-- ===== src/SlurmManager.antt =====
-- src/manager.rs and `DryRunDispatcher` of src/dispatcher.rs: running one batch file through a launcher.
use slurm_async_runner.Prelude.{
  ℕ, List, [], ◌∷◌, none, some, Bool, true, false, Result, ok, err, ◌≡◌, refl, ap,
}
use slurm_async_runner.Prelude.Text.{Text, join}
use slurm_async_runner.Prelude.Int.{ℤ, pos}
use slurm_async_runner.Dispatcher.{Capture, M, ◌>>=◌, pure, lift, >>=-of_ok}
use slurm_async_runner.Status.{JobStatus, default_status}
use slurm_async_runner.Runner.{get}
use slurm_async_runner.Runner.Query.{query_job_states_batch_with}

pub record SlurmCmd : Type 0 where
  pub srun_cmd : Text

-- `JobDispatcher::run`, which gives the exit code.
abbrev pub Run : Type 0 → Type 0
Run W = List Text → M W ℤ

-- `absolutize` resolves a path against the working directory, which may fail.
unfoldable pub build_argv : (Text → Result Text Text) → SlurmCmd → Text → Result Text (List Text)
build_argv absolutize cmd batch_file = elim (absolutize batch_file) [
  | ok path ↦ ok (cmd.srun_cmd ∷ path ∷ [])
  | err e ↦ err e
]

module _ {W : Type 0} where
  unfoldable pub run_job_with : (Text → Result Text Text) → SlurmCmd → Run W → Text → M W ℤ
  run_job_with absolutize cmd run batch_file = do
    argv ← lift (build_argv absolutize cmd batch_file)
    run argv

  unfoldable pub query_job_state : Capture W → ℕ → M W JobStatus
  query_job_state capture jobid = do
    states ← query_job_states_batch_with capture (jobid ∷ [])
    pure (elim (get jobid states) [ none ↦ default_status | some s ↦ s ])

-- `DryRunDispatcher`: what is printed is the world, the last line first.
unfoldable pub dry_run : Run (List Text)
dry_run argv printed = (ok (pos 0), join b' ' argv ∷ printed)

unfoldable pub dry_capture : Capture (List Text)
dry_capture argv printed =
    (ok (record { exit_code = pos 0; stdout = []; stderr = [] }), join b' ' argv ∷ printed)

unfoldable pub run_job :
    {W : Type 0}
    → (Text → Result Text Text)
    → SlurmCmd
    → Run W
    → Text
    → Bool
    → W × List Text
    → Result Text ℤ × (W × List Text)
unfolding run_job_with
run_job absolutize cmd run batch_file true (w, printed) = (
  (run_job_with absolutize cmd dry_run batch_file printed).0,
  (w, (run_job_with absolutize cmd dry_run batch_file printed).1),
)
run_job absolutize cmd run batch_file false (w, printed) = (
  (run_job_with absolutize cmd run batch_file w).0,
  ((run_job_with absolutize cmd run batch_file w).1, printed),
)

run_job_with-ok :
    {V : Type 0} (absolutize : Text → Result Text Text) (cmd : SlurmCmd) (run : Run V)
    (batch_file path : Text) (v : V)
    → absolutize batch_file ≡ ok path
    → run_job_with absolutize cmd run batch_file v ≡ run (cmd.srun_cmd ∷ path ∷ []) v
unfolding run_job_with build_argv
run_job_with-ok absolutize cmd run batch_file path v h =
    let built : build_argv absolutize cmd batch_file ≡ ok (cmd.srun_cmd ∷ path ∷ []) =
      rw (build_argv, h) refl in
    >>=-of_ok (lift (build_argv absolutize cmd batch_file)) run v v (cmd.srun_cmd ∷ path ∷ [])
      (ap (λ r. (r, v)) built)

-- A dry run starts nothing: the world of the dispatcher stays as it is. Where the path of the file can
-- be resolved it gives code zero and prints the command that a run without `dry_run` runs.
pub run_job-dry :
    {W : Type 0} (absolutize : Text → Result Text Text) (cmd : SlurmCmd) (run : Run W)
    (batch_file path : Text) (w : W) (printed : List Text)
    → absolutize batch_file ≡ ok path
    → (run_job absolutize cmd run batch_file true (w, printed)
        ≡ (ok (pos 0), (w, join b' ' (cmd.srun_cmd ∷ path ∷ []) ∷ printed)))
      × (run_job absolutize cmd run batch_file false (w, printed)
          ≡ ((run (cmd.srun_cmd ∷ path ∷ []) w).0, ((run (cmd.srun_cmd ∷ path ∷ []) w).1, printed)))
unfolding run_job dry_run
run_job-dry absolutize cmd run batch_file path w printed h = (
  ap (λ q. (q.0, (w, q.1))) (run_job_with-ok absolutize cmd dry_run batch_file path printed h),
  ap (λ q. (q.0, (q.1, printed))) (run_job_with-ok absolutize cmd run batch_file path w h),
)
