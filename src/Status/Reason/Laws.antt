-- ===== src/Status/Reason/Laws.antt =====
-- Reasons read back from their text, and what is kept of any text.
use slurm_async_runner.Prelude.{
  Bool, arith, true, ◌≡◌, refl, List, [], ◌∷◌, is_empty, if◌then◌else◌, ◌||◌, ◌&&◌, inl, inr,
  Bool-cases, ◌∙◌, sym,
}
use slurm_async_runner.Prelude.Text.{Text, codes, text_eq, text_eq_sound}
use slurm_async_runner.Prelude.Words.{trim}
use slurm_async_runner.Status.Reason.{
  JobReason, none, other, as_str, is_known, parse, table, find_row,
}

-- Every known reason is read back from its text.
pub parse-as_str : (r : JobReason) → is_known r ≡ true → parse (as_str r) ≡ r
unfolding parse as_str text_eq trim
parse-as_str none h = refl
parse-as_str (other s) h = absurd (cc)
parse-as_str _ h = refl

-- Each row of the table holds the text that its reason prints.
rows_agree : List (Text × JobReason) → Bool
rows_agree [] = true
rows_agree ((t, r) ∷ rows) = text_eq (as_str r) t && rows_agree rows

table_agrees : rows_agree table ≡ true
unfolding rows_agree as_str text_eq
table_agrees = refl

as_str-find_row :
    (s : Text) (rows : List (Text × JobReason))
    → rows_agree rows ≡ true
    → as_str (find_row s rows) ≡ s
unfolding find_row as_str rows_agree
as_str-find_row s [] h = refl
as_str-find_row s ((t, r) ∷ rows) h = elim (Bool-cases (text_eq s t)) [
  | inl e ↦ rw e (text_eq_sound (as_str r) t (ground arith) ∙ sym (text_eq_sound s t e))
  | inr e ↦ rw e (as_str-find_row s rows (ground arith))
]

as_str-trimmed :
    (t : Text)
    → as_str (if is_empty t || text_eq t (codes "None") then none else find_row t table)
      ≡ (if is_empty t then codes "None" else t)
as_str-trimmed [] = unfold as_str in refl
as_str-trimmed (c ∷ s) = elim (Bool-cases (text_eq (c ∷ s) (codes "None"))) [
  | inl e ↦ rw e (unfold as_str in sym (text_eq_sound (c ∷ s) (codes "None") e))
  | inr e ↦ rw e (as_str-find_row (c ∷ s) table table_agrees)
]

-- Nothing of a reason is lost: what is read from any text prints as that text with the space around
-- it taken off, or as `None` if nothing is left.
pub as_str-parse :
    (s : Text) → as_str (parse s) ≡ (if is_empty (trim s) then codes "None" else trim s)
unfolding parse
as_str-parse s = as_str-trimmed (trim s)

+-------+

• **WORK REQUIRED**: Restate the material word for word, but only from its first line through the line containing "query_job_state capture jobid = do".

• **TASK RESPONSE**:
-- ===== src/SlurmManager.antt =====
-- src/manager.rs and `DryRunDispatcher` of src/dispatcher.rs: running one batch file through a launcher.
use slurm_async_runner.Prelude.{
  ℕ, List, [], ◌∷◌, none, some, Bool, true, false, Result, ok, err, ◌≡◌, refl, ap,
}
use slurm_async_runner.Prelude.Text.{Text, join}
use slurm_async_runner.Prelude.Int.{ℤ, pos}
use slurm_async_runner.Dispatcher.{Capture, M, ◌>>=◌, pure, lift, >>=-of_ok}
use slurm_async_runner.Status.{JobStatus, default_status}
use slurm_async_runner.Runner.{get}
use slurm_async_runner.Runner.Query.{query_job_states_batch_with}

pub record SlurmCmd : Type 0 where
  pub srun_cmd : Text

-- `JobDispatcher::run`, which gives the exit code.
abbrev pub Run : Type 0 → Type 0
Run W = List Text → M W ℤ

-- `absolutize` resolves a path against the working directory, which may fail.
unfoldable pub build_argv : (Text → Result Text Text) → SlurmCmd → Text → Result Text (List Text)
build_argv absolutize cmd batch_file = elim (absolutize batch_file) [
  | ok path ↦ ok (cmd.srun_cmd ∷ path ∷ [])
  | err e ↦ err e
]

module _ {W : Type 0} where
  unfoldable pub run_job_with : (Text → Result Text Text) → SlurmCmd → Run W → Text → M W ℤ
  run_job_with absolutize cmd run batch_file = do
    argv ← lift (build_argv absolutize cmd batch_file)
    run argv

  unfoldable pub query_job_state : Capture W → ℕ → M W JobStatus
  query_job_state capture jobid = do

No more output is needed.